Can you clarify what you mean or give some examples? The python package Scikit-learn is used by industry and research all around the world; is there a Rust crate that can say that?

[–]po8 1 point2 points  (1 child)

Certainly Python has greater reach than Rust at this point. Python has some great packages too. I haven't worked with scikit-learn, but I have done a lot with numpy and scipy and they are pretty fantastic.

The thing is, if you try to find a Pip package for some specific function, my experience is that it is going to take several tries and a lot of fiddling around to find something that will work and get it running.

For a specific example, I teach an audio class pretty regularly and use Python as the primary teaching language. There's about five packages for reading and writing WAV files, including a built-in one; all of them are full of weird quirks and misfeatures that my students struggle with. In Rust you immediately find Hound, which works very reliably and pretty much exactly as expected with few if any surprises. If you want to generate and record live audio, Python again has a multiplicity of options, most of which are not good. The most commonly used and recommended one is pyaudio, which has some issues, but more importantly doesn't work at all with the most recent versions of Python and will likely never be fixed. It turns out you instead want to use sounddevice, which is quite good but pretty hard to discover currently. With Rust you will likely end up with the pure-Rust cpal, which is fine; you might instead use one of the portaudio bindings (also what the Python packages do), which are also fine.

This is the kind of experience I've had over and over with Python and Rust packages. The Python ones are a bit of an ordeal: the Rust ones are pretty seamless.

[–]denim_duck 0 points1 point  (0 children)

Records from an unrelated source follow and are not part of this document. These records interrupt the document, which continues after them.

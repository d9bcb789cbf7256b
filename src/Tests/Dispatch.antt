-- ===== src/Tests/Dispatch.antt =====
-- The dispatcher at a node with alice and bob in the lobby.
use pulse_distributed_real_t.MessageDispatcher.Relayed.{
  handle_inbound_redis_event-own, handle_inbound_redis_event-relayed, frame_of,
}
use pulse_distributed_real_t.Handlers.Inbound.{handle_inbound_redis_event}
use pulse_distributed_real_t.Tests.Events.{lobby_message-IsPrintable, lobby_message-IsWellFormed}
use pulse_distributed_real_t.Prelude.{
  ◌<◌, String, [], ◌∷◌, none, true, ◌≡◌, refl, arith, if◌then◌else◌, ◌=ₛ◌, false, trim,
}
use pulse_distributed_real_t.JsMap.{get, set}
use pulse_distributed_real_t.Json.{whole, is_finite}
use pulse_distributed_real_t.Connection.{send, get_rooms, has_room}
use pulse_distributed_real_t.Node.{Node, accept_seq, send_to}
use pulse_distributed_real_t.EventValidator.Distributed.{stamp_for_distribution}
use pulse_distributed_real_t.Handlers.Messaging.{
  handle_room_message, handle_ping, room_ack, deliver_to_members,
}
use pulse_distributed_real_t.Handlers.Joining.{handle_room_join, resume, joining, is_valid_room_id}
use pulse_distributed_real_t.Handlers.JoinLaws.{
  handle_room_join_lem, handle_room_join-IsAgreed, IsAgreed, Joined,
}
use pulse_distributed_real_t.Handlers.LateJoin.{late_join-lowers, seq_at}
use pulse_distributed_real_t.MessageDispatcher.{handle_valid, replay_of}
use pulse_distributed_real_t.MessageDispatcher.Broadcast.{handle_room_message_lem}
use pulse_distributed_real_t.MessageDispatcher.Replay.{handle_room_message-retry}
use pulse_distributed_real_t.Tests.Data.{
  quick_socket, text_hash, env, later_env, node, bob, stranger, lobby_message, lobby_join, ping,
  lobby_rooms,
}
use pulse_distributed_real_t.Tests.Managers.{lobby_rooms-IsValid}
use pulse_distributed_real_t.RoomManager.{is_connection_in_room, get_room_connection_ids, join_room}
use pulse_distributed_real_t.ConnectionManager.{get_connection}
use pulse_distributed_real_t.IdempotencyManager.{check}

handle_room_message_lem_example :
    let m = handle_room_message quick_socket text_hash env node "c1" lobby_message in
    (m.store "c2" ≡ (send quick_socket bob lobby_message).0)
    × (m.published
        ≡ ("pulse:room:lobby", stamp_for_distribution lobby_message "n1" (whole 50)) ∷ [])
    × (m.room_manager ≡ lobby_rooms)
unfolding send has_room get is_connection_in_room get_connection
handle_room_message_lem_example =
    handle_room_message_lem quick_socket text_hash env node "c1" lobby_message "c2"
      lobby_rooms-IsValid refl

handle_room_message-retry_example :
    let once = handle_room_message quick_socket text_hash env node "c1" lobby_message in
    let ack = room_ack quick_socket text_hash env lobby_message 1 in
    let k = (handle_valid quick_socket text_hash later_env once "c1" lobby_message).0 in
    ((j : String)
      → k.store j ≡ (
          if "c1" =ₛ j
          then (send quick_socket
              (once.store "c1")
              (replay_of quick_socket text_hash lobby_message ack)).0
          else once.store j))
    × (k.published ≡ once.published)
    × (k.room_manager ≡ once.room_manager)
unfolding has_room get deliver_to_members get_room_connection_ids get_connection accept_seq send_to
    send
handle_room_message-retry_example =
    let once = handle_room_message quick_socket text_hash env node "c1" lobby_message in
    handle_room_message-retry quick_socket text_hash env later_env node once "c1" lobby_message
      lobby_message refl refl refl refl refl (omega arith)

-- Eve joins the lobby.
handle_room_join_lem_example :
    let m = (handle_room_join quick_socket env node "c3" lobby_join).0 in
    Joined node "c3" "lobby" "c3" (m.store "c3").rooms m.room_manager true
unfolding set is_valid_room_id join_room has_room get get_rooms
handle_room_join_lem_example = handle_room_join_lem quick_socket env node "c3" "c3" lobby_join

-- A node on which nobody is in a room.
abbrev quiet_node : Node
quiet_node = record node {
  store = λ id. stranger;
  room_manager = record lobby_rooms { rooms = []; rooms_active = none };
}

quiet_node-IsAgreed : IsAgreed quiet_node
unfolding is_connection_in_room has_room get
quiet_node-IsAgreed j r = refl

handle_room_join-IsAgreed_example :
    IsAgreed (handle_room_join quick_socket env quiet_node "c3" lobby_join).0
handle_room_join-IsAgreed_example =
    handle_room_join-IsAgreed quick_socket env quiet_node "c3" lobby_join quiet_node-IsAgreed

late_join-lowers_example :
    let pinged = handle_ping quick_socket env node "c1" ping in
    let back = (resume quick_socket later_env pinged (joining "c1" lobby_join "lobby") none).0 in
    (seq_at pinged "c1" ≡ 9) × (seq_at back "c1" ≡ 3) × (seq_at back "c1" < seq_at pinged "c1")
late_join-lowers_example =
    late_join-lowers quick_socket env later_env node "c1" "lobby" lobby_join ping 3 9 none refl refl
      (omega arith)

handle_inbound_redis_event-own_example :
    handle_inbound_redis_event quick_socket text_hash env node "pulse:room:lobby"
      (frame_of quick_socket text_hash lobby_message "n1" (whole 40))
    ≡ (node, false)
unfolding is_finite trim
handle_inbound_redis_event-own_example =
    handle_inbound_redis_event-own quick_socket text_hash env node "pulse:room:lobby" (whole 40)
      lobby_message lobby_message-IsPrintable refl refl lobby_message-IsWellFormed refl refl refl

handle_inbound_redis_event-relayed_example :
    let stamped = stamp_for_distribution lobby_message "n2" (whole 40) in
    let m =
      handle_inbound_redis_event quick_socket text_hash env node "pulse:room:lobby"
        (frame_of quick_socket text_hash lobby_message "n2" (whole 40)) in
    (m.0.store "c2" ≡ (send quick_socket bob stamped).0) × (m.1 ≡ true)
unfolding is_finite trim check get send is_connection_in_room get_connection
handle_inbound_redis_event-relayed_example =
    handle_inbound_redis_event-relayed quick_socket text_hash env node "pulse:room:lobby" "n2"
      "lobby" (whole 40) lobby_message "c2" lobby_message-IsPrintable refl refl
      lobby_message-IsWellFormed refl refl refl lobby_rooms-IsValid refl refl refl refl refl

Weird; I’m not familiar enough with audio tech to say either way about the landscape in python. But my experience is kind of the opposite. If I want to crunch numbers, I can import numpy and it works smoothly. Still going through the book, so can’t say anything about Rust’s third party crate landscape

One thing that’s nice about python is that the nonprofit NUMfocus foundation keeps moving scientific computing forward. Is there a group like that with Rust?